Alias and Doc support in Spark Schema
Preserves avro doc and aliases while save Include avro alias column in DataFrame schema
Can someone review this? Please give some suggestion.
I love the idea! And it seems to be working just fine.
A few suggestions...
-
Let's ask @marmbrus if "_doc" and "_aliases" are a good naming convention. It would be nice to make it consistent with other formats supporting it.
-
Is the implicit addAvroAliasColumns a good choice? It would be on every DataFrame - even after modifying columns and wiping out their metadata. Would it make sense to make it a property on SQLContext the same way as parquet settings are done currently?
-
It would be nice to add an assert to the place where files are read after saving. Check that doc and aliases made the loop to disk and back.
-
Would it not be enough and more readable to add the doc and alias on one field in the test only? It does not have to be tested on all the different fields, right? It would save some 100 lines of code in tests ;-)
Thanks for working on this.
- I'd consider making the addition of the alias columns just an option to the datasource, so that it is usable in languages other than scala.
- Other users of metadata don't use
_so i'd just go withdocandaliases
@jendap Implemented review comments Suggestion reply: 2. I added to dataframe since dataframe know the schema and can store metadata.Where aliases/doc are belong to a column data. I think parquet properties are related to deserialization, data type handling.
@JoshRosen Implemented review comments @marmbrus adding alias column is optional where alias columns added after invoking addAvroAliasColumns()
Build is failing due to some other reason. Kindly check
@jendap Implemented your review comments. Please review.
Current coverage is 93.79%
Merging #51 into master will increase coverage by +0.39% as of
ccc433e
@@ master #51 diff @@
======================================
Files 6 6
Stmts 273 306 +33
Branches 45 57 +12
Methods 0 0
======================================
+ Hit 255 287 +32
Partial 0 0
- Missed 18 19 +1
Review entire Coverage Diff as of
ccc433ePowered by Codecov. Updated on successful CI builds.
@marmbrus adding alias column is optional where alias columns added after invoking addAvroAliasColumns()
I realize its optional, but implementing this feature as a scala function means that users in Python and R will not be able to use it. I think instead this should just be a parameter that is passed in the OPTIONS clause or as an option(...) so that it works across languages.

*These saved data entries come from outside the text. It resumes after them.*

-- ===== src/Spans.antt =====
-- src/spans.rs: maps of half-open spans of sectors.
pub mod Map
pub mod View
pub mod Insert
pub mod Remove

@marmbrus Implemented review comments. Added a option. Please review
Thanks again for working on this! I did another review pass.
@marmbrus implemented review comments. Except the usage of "withAliasesFields" of in buildScan(...) of AvroRelation.scala, I was getting: object not serializable (class: org.apache.avro.Schema$RecordSchema,
What happened with this PR? Are you planning include this in future releases? It would be useful support aliases.